Group of order $60$
Solution 1:
There is a non-abelian simple group of order $60$. Thus, $(a)$ is false.
We note that $(b)$ is false for precisely the same reason as $(a)$. There is a non-abelian simple group of order $60$.
$(c)$ is true. This is because, by Cauchy's theorem, there is an element of those orders specified. The subgroup those elements generate will respectively be the required subgroup.
This is a bit tricky if one does not want to use the fact that the non-abelian simple group of order $60$ is the alternating group on $5$ symbols, $A_5$. It is a straight forward Sylow calculation to show that $A_5$ has no subgroup of order $15$.
Proof that $A_5$ does not have a subgroup of order $15$
Prove that a group of order $15$ is cyclic (Sylow's Theorems). Now prove that no permutation on $5$ symbols can have order $15$.
Solution 2:
Here's a computational approach. In fact, there are $13$ isomorphism classes of groups of order $60$. These can be accessed by the GAP AllSmallGroups function.
Here's the input code:
for G in AllSmallGroups(60) do
Conj:=ConjugacyClassesSubgroups(LatticeSubgroups(G));
SubgroupSizes:=Set(Conj,C->Size(C[1]));
Print(StructureDescription(G)," ",IsAbelian(G)," ",SubgroupSizes,"\n");
od;
And here is the output:
C5 x (C3 : C4) false [ 1, 2, 3, 4, 5, 6, 10, 12, 15, 20, 30, 60 ]
C3 x (C5 : C4) false [ 1, 2, 3, 4, 5, 6, 10, 12, 15, 20, 30, 60 ]

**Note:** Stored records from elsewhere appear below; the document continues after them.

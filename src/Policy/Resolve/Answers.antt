-- ===== src/Policy/Resolve/Answers.antt =====
-- One answer for each hostname, asked for once.
use airjail.Base.{
  Bool, true, false, not, some, List, [], ◌∷◌, ◌≡◌, ◌≢◌, ◌⊎◌, inl, inr, sym, ap, ◌∙◌, subst, Some,
  Distinct, list_eq, nat_eq, ok,
}
use airjail.Base.Bytes.{Bytes}
use airjail.Policy.Library.{Library, Laws}
use airjail.Policy.Rules.{HostRule}
use airjail.Policy.Decision.{Policy}
use airjail.Policy.Resolve.{Resolver, Lookups, cached, new_policy}
use airjail.Policy.Resolve.Cached.{IsResolved, addresses_of, Outcomes}
use airjail.Policy.Resolve.New.{new_policy-Built}

-- the rule stands in the list
abbrev pub Holds : List HostRule → HostRule → Type 0
Holds rules r = Some (λ (x : HostRule). x ≡ r) rules

-- a host rule of the policy, in either set
abbrev pub InPolicy : Policy → HostRule → Type 0
InPolicy policy r = Holds policy.allow.hosts r ⊎ Holds policy.block.hosts r

-- what every rule that came out of expansion has
record Expanded (strict : Bool) (s : Lookups) (r : HostRule) : Type 0 where
  is : IsResolved s r
  found : strict ≡ true → r.wildcard ≡ false → r.resolved ≢ []

Outcomes-Expanded :
    (strict : Bool) (s : Lookups) (rs out : List HostRule) (r : HostRule)
    → Outcomes strict s rs out
    → Holds out r
    → Expanded strict s r
Outcomes-Expanded strict s [] [] r os here = absurd here
Outcomes-Expanded strict s (q ∷ rs) (q' ∷ out) r (o, os) (inl e) =
    subst (Expanded strict s) e (record { is = o.is; found = o.found })
Outcomes-Expanded strict s (q ∷ rs) (q' ∷ out) r (o, os) (inr there) =
    Outcomes-Expanded strict s rs out r os there
Outcomes-Expanded strict s [] (q' ∷ out) r os here = absurd os
Outcomes-Expanded strict s (q ∷ rs) [] r os here = absurd os

same_answer :
    (s : Lookups) (r q : HostRule)
    → IsResolved s r
    → IsResolved s q
    → r.wildcard ≡ false
    → q.wildcard ≡ false
    → r.hostname ≡ q.hostname
    → r.resolved ≡ q.resolved
same_answer s r q ir iq wr wq same =
    let (a, hit, ra) = ir.exact wr in
    let (b, hit', qb) = iq.exact wq in
    let both : some a ≡ some b = sym hit ∙ ap (cached s.cache) same ∙ hit' in
    let one : a ≡ b = cc in ra ∙ ap addresses_of one ∙ sym qb

module _ (lib : Library) (resolver : Resolver) (allow_unresolved : Bool)
    (allow_rules block_rules : List Bytes) (policy : Policy) (s : Lookups) (laws : Laws lib)
    (built : new_policy lib resolver allow_unresolved allow_rules block_rules
      ≡ ok (policy, s)) where
  InPolicy-Expanded : (r : HostRule) → InPolicy policy r → Expanded (not allow_unresolved) s r
  InPolicy-Expanded r within =
      let (allow, block, _, _, b) =
        new_policy-Built lib resolver allow_unresolved allow_rules block_rules policy s laws
          built in
      elim within [
        | inl h ↦
            Outcomes-Expanded (not allow_unresolved) s allow.hosts policy.allow.hosts r b.allowed h
        | inr h ↦
            Outcomes-Expanded (not allow_unresolved) s block.hosts policy.block.hosts r b.blocked h
      ]

  -- Whatever the resolver answers, New asks it for a hostname at most once.
  pub new_policy-asked_once : Distinct s.asked
  new_policy-asked_once =
      let (allow, block, _, _, b) =
        new_policy-Built lib resolver allow_unresolved allow_rules block_rules policy s laws
          built in
      b.coherent.once

  -- Two exact rules with one hostname, in the allow or the block list, have the same addresses, even
  -- if the resolver would answer differently the second time.
  pub new_policy-same_answer :
      (r q : HostRule)
      → InPolicy policy r
      → InPolicy policy q
      → r.wildcard ≡ false
      → q.wildcard ≡ false
      → r.hostname ≡ q.hostname
      → r.resolved ≡ q.resolved
  new_policy-same_answer r q hr hq wr wq same =
      same_answer s r q (InPolicy-Expanded r hr).is (InPolicy-Expanded q hq).is wr wq same

  -- Unless unresolved rules are allowed, every exact rule of an accepted policy has an address. A
  -- wildcard rule has none in any case.
  pub new_policy-resolved :
      (r : HostRule)
      → InPolicy policy r
      → (allow_unresolved ≡ false → r.wildcard ≡ false → r.resolved ≢ [])
        × (r.wildcard ≡ true → r.resolved ≡ [])
  new_policy-resolved r h =
      let e = InPolicy-Expanded r h in ((λ strict w. e.found (rw strict) w), e.is.wild)
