-- ===== src/Policy/Rules/Spelled.antt =====
-- Which rule each text becomes: parseRules, add and addHostname against the texts.
use airjail.Base.{true, false, some, none, List, [], ◌∷◌, ◌++◌, ◌≡◌, ◌⊎◌, ok, nat_eq, list_eq}
use airjail.Base.Bytes.{Bytes, codes, has_prefix}
use airjail.Netip.{Addr, Prefix, zone_of, unmap, masked}
use airjail.Policy.Library.{Library}
use airjail.Policy.Hostname.{normalize_hostname}
use airjail.Policy.Rules.{
  Target, HostRule, RuleSet, normalize_prefix, add_host, add_address, add_prefix,
}
use airjail.Policy.Rules.Targets.{Written}

-- A wildcard stands for the names below the rest of its text.
abbrev pub Wildcard : Bytes → HostRule → Bytes → Type 0
Wildcard text r rest =
    ((r.wildcard ≡ true) × (text ≡ codes "*." ++ rest))
    ⊎ ((r.wildcard ≡ false) × (has_prefix text (codes "*.") ≡ false) × (rest ≡ text))

-- The one rule that a text adds, by the target that it is written for: the masked and normalized prefix,
-- or else the unmapped address, or else the normalized hostname; always with the target's port.
pub data Spells (lib : Library) (rules : RuleSet) (raw : Bytes) (grown : RuleSet) : Type 0 where
  prefix :
      (t : Target) (p : Prefix)
      → Written raw t
      → lib.parse_prefix t.host ≡ some p
      → grown ≡ add_prefix rules (record { prefix = normalize_prefix (masked p); port = t.port })
      → Spells lib rules raw grown
  address :
      (t : Target) (a : Addr)
      → Written raw t
      → lib.parse_prefix t.host ≡ none
      → lib.parse_addr t.host ≡ some a
      → zone_of a ≡ []
      → grown ≡ add_address rules (record { address = unmap a; port = t.port })
      → Spells lib rules raw grown
  host :
      (t : Target) (r : HostRule) (rest : Bytes)
      → Written raw t
      → lib.parse_prefix t.host ≡ none
      → lib.parse_addr t.host ≡ none
      → Wildcard t.host r rest
      → normalize_hostname lib rest ≡ ok r.hostname
      → r.port ≡ t.port
      → r.resolved ≡ []
      → grown ≡ add_host rules r
      → Spells lib rules raw grown

-- Each text in turn adds its rule.
abbrev pub AllSpell : Library → RuleSet → List Bytes → RuleSet → Type 0
AllSpell lib rules [] grown = rules ≡ grown
AllSpell lib rules (raw ∷ raws) grown =
    (next : RuleSet) × Spells lib rules raw next × AllSpell lib next raws grown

C15 : C4 false [ 1, 2, 3, 4, 5, 6, 10, 12, 15, 20, 30, 60 ]
C60 true [ 1, 2, 3, 4, 5, 6, 10, 12, 15, 20, 30, 60 ]
A5 false [ 1, 2, 3, 4, 5, 6, 10, 12, 60 ]
C3 x (C5 : C4) false [ 1, 2, 3, 4, 5, 6, 10, 12, 15, 20, 30, 60 ]
C15 : C4 false [ 1, 2, 3, 4, 5, 6, 10, 12, 15, 20, 30, 60 ]
S3 x D10 false [ 1, 2, 3, 4, 5, 6, 10, 12, 15, 20, 30, 60 ]
C5 x A4 false [ 1, 2, 3, 4, 5, 10, 12, 15, 20, 60 ]
C6 x D10 false [ 1, 2, 3, 4, 5, 6, 10, 12, 15, 20, 30, 60 ]
C10 x S3 false [ 1, 2, 3, 4, 5, 6, 10, 12, 15, 20, 30, 60 ]
D60 false [ 1, 2, 3, 4, 5, 6, 10, 12, 15, 20, 30, 60 ]
C30 x C2 true [ 1, 2, 3, 4, 5, 6, 10, 12, 15, 20, 30, 60 ]
Each row identifies one of the $13$ groups of order $60$, writes whether or not it's abelian, and the list of subgroup sizes of that group.
The notation as to which group is which should be largely self-explanatory, except that ":" represents a semi-direct product.
- "$G$ is abelian" is true for $2$ out of $13$ isomorphism classes of groups of order $60$.
- "$G$ has a subgroup of order $30$" is true for $11$ out of $13$. (The two counter-examples are $A_5$ and $C_5 \times A_4$.)
- "$G$ has a subgroup of order $2$, $3$, and $5$" is true for $13$ out of $13$.
- "$G$ has a subgroup of order $6$, $10$, and $15$" is true for $11$ out of $13$. (The two counter-examples are $A_5$, which has no subgroup of order $15$, and $C_5 \times A_4$, which has no subgroup of order $6$.)
Disclaimer: I don't mean to undermine the importance of understanding the theoretical methods for answering these questions.